++++ Listed records
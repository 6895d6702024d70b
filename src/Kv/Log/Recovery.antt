-- ===== src/Kv/Log/Recovery.antt =====
-- src/client_mm.cc: the queue of free subblocks of a client that starts again (`mm_recover_mm_blocks`),
-- from the records that `mm_traverse_log` has visited and from the blocks of the client.
use fusee_fs.Prelude.{
  ℕ, zero, suc, ◌+◌, bit_or, Bool, false, ◌==◌, ◌||◌, Option, none, some, List, [], ◌∷◌, ◌++◌, drop,
  if◌then◌else◌,
}
use fusee_fs.Kv.Subblocks.{Replica, SubblockInfo, ClientMm, gen_subblock_info}
use fusee_fs.Kv.Client.{RemoteAddr}
use fusee_fs.Kv.Client.Slots.{first_replica}
use fusee_fs.Kv.Log.{Memory, mm_traverse_log}

-- An address with its server in the low byte.
unfoldable pub pr_addr : RemoteAddr → ℕ
pr_addr (server_id, addr) = bit_or addr server_id

-- `recover_addr_is_allocated_map_`.
unfoldable pub is_visited : List RemoteAddr → ℕ → Bool
unfolding pr_addr
is_visited [] cur = false
is_visited (a ∷ visited) cur = (cur == pr_addr a) || is_visited visited cur

-- The last record is the next subblock, which was not given out. The source reads out of bounds where there
-- is none.
unfoldable pub queue_head_pr_addr : List RemoteAddr → ℕ
unfolding pr_addr
queue_head_pr_addr [] = 0
queue_head_pr_addr (a ∷ []) = pr_addr a
queue_head_pr_addr (a ∷ b ∷ visited) = queue_head_pr_addr (b ∷ visited)

-- The record before it; where there is none, what stood on the stack.
unfoldable pub last_allocated_pr_addr : ℕ → List RemoteAddr → ℕ
unfolding pr_addr
last_allocated_pr_addr garbage [] = garbage
last_allocated_pr_addr garbage (a ∷ []) = garbage
last_allocated_pr_addr garbage (a ∷ b ∷ []) = pr_addr a
last_allocated_pr_addr garbage (a ∷ b ∷ c ∷ visited) =
    last_allocated_pr_addr garbage (b ∷ c ∷ visited)

-- `all_subblock_queue`, `queue_head_info` and `last_allocated_info_`.
pub record Recovered : Type 0 where
  pub all_subblock_queue : ℕ → List SubblockInfo
  pub queue_head_info : SubblockInfo
  pub last_allocated_info : SubblockInfo

unfoldable pub push : ℕ → SubblockInfo → (ℕ → List SubblockInfo) → ℕ → List SubblockInfo
push server_id s queues i = if i == server_id then queues i ++ s ∷ [] else queues i

-- What is done with one subblock of a block.
unfoldable pub recover_subblock : ℕ → List RemoteAddr → SubblockInfo → Recovered → Recovered
unfolding queue_head_pr_addr last_allocated_pr_addr is_visited push first_replica pr_addr
recover_subblock garbage visited s r =
    let cur = pr_addr (first_replica s) in
    if cur == queue_head_pr_addr visited
    then record r { queue_head_info = s }
    else if cur == last_allocated_pr_addr garbage visited
    then record r { last_allocated_info = s }
    else if is_visited visited cur
    then r
    else record r { all_subblock_queue = push (first_replica s).0 s r.all_subblock_queue }

unfoldable pub recover_subblocks : ℕ → List RemoteAddr → List SubblockInfo → Recovered → Recovered
unfolding recover_subblock
recover_subblocks garbage visited [] r = r
recover_subblocks garbage visited (s ∷ subblocks) r =
    recover_subblocks garbage visited subblocks (recover_subblock garbage visited s r)

-- The subblocks of one block, `count` of them from number `i`.
unfoldable pub block_subblocks : ℕ → ℕ → ℕ → List Replica → List SubblockInfo
unfolding gen_subblock_info
block_subblocks subblock_sz zero i block = []
block_subblocks subblock_sz (suc count) i block =
    gen_subblock_info subblock_sz block i ∷ block_subblocks subblock_sz count (i + 1) block

-- The subblocks that the loop over the blocks goes through, without those of the bit map.
unfoldable pub all_subblocks : ℕ → ℕ → ℕ → List (List Replica) → List SubblockInfo
unfolding block_subblocks
all_subblocks subblock_sz count bmap_block_num [] = []
all_subblocks subblock_sz count bmap_block_num (block ∷ blocks) =
    block_subblocks subblock_sz count bmap_block_num block
    ++ all_subblocks subblock_sz count bmap_block_num blocks

-- What one server adds to a round.
unfoldable pub front : List SubblockInfo → List SubblockInfo → List SubblockInfo
front [] more = more
front (s ∷ queue) more = s ∷ more

-- One round over the queues of `num_memory` servers from `i` on: what it takes.
unfoldable pub fronts : ℕ → ℕ → (ℕ → List SubblockInfo) → List SubblockInfo
unfolding front
fronts zero i queues = []
fronts (suc num_memory) i queues = front (queues i) (fronts num_memory (i + 1) queues)

unfoldable pub without_fronts : (ℕ → List SubblockInfo) → ℕ → List SubblockInfo
without_fronts queues i = drop 1 (queues i)

unfoldable pub behind : List SubblockInfo → Option (List SubblockInfo) → Option (List SubblockInfo)
behind taken none = none
behind taken (some queue) = some (taken ++ queue)

-- The rest of the rounds, after one that takes a list.
unfoldable pub after_round :
    List SubblockInfo → Option (List SubblockInfo) → Option (List SubblockInfo)
unfolding behind
after_round [] rest = some []
after_round (s ∷ taken) rest = behind (s ∷ taken) rest

-- The rounds, on fuel, until one takes nothing.
unfoldable pub merge : ℕ → ℕ → (ℕ → List SubblockInfo) → Option (List SubblockInfo)
unfolding fronts without_fronts after_round
merge zero num_memory queues = none
merge (suc fuel) num_memory queues =
    after_round (fronts num_memory 0 queues) (merge fuel num_memory (without_fronts queues))

-- The queue begins with the next subblock.
unfoldable pub restore : ℕ → Recovered → Option (List SubblockInfo) → Option ClientMm
restore subblock_sz r none = none
restore subblock_sz r (some queue) = some (record {
  subblock_sz = subblock_sz;
  subblock_free_queue = r.queue_head_info ∷ queue;
  last_allocated_info = r.last_allocated_info;
})

-- From the records that were visited and the subblocks of the blocks. `unset` is what the two subblocks
-- are where no subblock is one of them.
unfoldable pub mm_recover_mm_blocks :
    ℕ → ℕ → ℕ → ℕ → SubblockInfo → List RemoteAddr → List SubblockInfo → Option ClientMm
unfolding recover_subblocks merge restore
mm_recover_mm_blocks fuel subblock_sz num_memory garbage unset visited subblocks =
    let r = recover_subblocks garbage visited subblocks (record {
      all_subblock_queue = λ i. [];
      queue_head_info = unset;
      last_allocated_info = unset;
    }) in
    restore subblock_sz r (merge fuel num_memory r.all_subblock_queue)

unfoldable pub recover_visited :
    ℕ → ℕ → ℕ → ℕ → SubblockInfo → List SubblockInfo → Option (List RemoteAddr) → Option ClientMm
unfolding mm_recover_mm_blocks
recover_visited rounds subblock_sz num_memory garbage unset subblocks none = none
recover_visited rounds subblock_sz num_memory garbage unset subblocks (some visited) =
    mm_recover_mm_blocks rounds subblock_sz num_memory garbage unset visited subblocks

-- `mm_recovery`, from the memory that is read, the head of the log and the subblocks of the blocks.
unfoldable pub mm_recovery :
    ℕ → ℕ → ℕ → ℕ → ℕ → SubblockInfo → List SubblockInfo → Memory → RemoteAddr → Option ClientMm
unfolding recover_visited mm_traverse_log
mm_recovery fuel rounds subblock_sz num_memory garbage unset subblocks mem head =
    recover_visited rounds subblock_sz num_memory garbage unset subblocks
      (mm_traverse_log fuel mem head)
++++++++
Work to be completed: The answer must be every line from the records above that contains "next".

Solution to the exercise:
-- The last record is the next subblock, which was not given out. The source reads out of bounds where there
-- The queue begins with the next subblock.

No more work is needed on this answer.